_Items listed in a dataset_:
________________________
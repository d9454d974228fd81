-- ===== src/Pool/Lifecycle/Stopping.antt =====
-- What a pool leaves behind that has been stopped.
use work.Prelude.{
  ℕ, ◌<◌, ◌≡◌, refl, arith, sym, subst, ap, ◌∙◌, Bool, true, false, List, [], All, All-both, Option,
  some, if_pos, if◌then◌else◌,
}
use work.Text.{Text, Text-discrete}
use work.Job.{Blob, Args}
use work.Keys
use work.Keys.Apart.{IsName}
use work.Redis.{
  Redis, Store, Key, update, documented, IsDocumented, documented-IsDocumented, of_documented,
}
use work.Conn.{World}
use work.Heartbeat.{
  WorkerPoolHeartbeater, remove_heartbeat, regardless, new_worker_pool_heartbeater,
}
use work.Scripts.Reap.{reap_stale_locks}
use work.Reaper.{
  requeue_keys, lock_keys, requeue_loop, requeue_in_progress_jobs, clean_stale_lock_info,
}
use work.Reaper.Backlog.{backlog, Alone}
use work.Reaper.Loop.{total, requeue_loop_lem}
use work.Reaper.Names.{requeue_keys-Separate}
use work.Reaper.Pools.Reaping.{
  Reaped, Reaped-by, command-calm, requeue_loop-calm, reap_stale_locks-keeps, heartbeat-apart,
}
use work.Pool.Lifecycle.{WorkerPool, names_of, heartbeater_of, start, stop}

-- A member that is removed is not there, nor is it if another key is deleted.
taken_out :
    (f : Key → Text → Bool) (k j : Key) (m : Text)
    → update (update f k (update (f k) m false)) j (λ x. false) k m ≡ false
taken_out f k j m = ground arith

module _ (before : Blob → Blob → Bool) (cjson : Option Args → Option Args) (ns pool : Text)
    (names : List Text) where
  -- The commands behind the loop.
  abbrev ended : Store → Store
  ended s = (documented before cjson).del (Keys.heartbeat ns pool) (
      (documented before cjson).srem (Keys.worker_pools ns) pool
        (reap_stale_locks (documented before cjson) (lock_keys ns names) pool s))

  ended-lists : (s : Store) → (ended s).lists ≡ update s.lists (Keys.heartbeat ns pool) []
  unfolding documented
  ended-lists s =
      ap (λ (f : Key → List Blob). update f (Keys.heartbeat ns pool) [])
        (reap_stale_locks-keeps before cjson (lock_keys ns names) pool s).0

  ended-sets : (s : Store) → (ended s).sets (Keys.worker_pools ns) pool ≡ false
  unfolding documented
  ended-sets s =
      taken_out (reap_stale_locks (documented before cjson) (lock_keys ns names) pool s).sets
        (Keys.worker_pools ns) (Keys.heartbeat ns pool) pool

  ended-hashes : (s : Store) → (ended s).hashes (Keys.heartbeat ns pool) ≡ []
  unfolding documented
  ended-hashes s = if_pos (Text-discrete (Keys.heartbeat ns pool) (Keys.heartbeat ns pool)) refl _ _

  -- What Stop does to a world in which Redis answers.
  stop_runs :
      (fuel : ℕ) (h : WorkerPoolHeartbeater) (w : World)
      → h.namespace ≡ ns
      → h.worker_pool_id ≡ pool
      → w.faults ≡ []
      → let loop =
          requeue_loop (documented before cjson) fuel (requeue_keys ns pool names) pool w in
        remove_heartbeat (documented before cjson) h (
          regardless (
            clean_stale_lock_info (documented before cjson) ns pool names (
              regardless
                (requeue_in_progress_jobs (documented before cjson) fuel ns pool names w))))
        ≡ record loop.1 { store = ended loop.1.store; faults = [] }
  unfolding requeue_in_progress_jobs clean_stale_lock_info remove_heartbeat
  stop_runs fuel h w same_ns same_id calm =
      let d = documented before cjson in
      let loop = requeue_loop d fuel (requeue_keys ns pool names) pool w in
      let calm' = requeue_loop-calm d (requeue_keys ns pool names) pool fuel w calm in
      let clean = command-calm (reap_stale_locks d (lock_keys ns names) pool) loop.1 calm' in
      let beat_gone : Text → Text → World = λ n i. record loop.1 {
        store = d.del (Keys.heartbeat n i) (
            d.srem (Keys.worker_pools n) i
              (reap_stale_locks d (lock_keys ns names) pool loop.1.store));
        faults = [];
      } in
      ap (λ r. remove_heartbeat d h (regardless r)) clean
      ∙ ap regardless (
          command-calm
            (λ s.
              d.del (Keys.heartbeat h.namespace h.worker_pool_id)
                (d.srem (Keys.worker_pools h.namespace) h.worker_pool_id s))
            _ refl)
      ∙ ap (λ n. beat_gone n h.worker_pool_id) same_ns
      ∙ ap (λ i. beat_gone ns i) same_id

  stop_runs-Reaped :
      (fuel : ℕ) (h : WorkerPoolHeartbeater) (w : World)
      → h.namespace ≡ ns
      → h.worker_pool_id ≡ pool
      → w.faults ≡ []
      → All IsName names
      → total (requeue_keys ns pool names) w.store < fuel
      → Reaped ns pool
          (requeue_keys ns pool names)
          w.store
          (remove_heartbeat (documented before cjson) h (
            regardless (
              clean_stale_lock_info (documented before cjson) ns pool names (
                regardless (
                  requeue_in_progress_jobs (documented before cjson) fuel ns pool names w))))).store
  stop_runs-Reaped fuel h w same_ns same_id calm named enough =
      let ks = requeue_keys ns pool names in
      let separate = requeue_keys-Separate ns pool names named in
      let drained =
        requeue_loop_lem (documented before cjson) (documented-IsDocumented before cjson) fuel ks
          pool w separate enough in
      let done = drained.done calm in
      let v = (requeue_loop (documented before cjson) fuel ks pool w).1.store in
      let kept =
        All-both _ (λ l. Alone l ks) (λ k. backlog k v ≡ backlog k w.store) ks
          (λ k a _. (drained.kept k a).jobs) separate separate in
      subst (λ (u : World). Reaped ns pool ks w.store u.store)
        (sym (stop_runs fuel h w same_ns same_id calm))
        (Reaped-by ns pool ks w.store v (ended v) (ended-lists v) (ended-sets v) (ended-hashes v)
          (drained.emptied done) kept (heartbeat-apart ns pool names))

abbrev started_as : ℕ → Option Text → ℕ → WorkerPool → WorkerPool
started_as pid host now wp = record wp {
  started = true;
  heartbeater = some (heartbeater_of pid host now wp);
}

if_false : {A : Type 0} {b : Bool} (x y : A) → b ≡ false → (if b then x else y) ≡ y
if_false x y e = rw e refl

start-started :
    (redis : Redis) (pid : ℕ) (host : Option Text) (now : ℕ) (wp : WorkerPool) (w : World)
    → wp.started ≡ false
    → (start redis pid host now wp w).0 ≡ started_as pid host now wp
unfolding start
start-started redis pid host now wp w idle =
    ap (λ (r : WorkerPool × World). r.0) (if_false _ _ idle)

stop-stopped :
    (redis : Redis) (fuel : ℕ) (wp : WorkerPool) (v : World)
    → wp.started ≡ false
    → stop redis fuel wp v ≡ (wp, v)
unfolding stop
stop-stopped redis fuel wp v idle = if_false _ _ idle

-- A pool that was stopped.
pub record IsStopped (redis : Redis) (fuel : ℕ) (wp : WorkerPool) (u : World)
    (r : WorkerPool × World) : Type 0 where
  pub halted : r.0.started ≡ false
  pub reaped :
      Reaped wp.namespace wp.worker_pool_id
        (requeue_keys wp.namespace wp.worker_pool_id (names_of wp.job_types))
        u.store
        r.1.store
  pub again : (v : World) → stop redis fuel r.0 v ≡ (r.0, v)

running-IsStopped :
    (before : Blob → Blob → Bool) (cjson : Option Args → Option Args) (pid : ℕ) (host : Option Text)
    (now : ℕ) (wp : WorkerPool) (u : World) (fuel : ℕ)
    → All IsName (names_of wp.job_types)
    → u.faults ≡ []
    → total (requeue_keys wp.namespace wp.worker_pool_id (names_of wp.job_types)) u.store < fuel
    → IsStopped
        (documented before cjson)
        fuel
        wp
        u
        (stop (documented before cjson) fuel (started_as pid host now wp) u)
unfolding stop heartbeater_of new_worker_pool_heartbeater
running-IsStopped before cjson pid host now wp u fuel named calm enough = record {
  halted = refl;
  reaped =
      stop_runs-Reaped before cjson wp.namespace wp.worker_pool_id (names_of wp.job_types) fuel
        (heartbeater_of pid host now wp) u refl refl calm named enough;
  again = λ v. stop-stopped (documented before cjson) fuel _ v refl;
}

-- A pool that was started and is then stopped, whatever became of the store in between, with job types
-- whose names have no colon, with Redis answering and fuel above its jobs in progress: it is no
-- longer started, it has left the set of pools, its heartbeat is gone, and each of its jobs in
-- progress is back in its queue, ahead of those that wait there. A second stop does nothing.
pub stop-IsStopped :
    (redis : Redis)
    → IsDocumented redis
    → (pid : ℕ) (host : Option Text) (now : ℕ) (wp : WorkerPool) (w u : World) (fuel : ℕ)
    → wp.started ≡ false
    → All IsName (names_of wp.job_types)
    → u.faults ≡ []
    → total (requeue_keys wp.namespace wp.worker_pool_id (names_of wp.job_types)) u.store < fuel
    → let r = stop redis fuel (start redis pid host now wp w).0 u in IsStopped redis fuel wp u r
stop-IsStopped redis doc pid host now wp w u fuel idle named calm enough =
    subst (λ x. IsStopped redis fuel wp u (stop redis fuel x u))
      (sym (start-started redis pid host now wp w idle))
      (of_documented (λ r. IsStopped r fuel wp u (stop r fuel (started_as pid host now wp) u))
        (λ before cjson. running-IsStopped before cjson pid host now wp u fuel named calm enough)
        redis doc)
________________________
_Your task_:
Every line above that includes the string "IsName" needs to be copied.

_Solution to the problem_:
use work.Keys.Apart.{IsName}
      → All IsName names
    → All IsName (names_of wp.job_types)
    → All IsName (names_of wp.job_types)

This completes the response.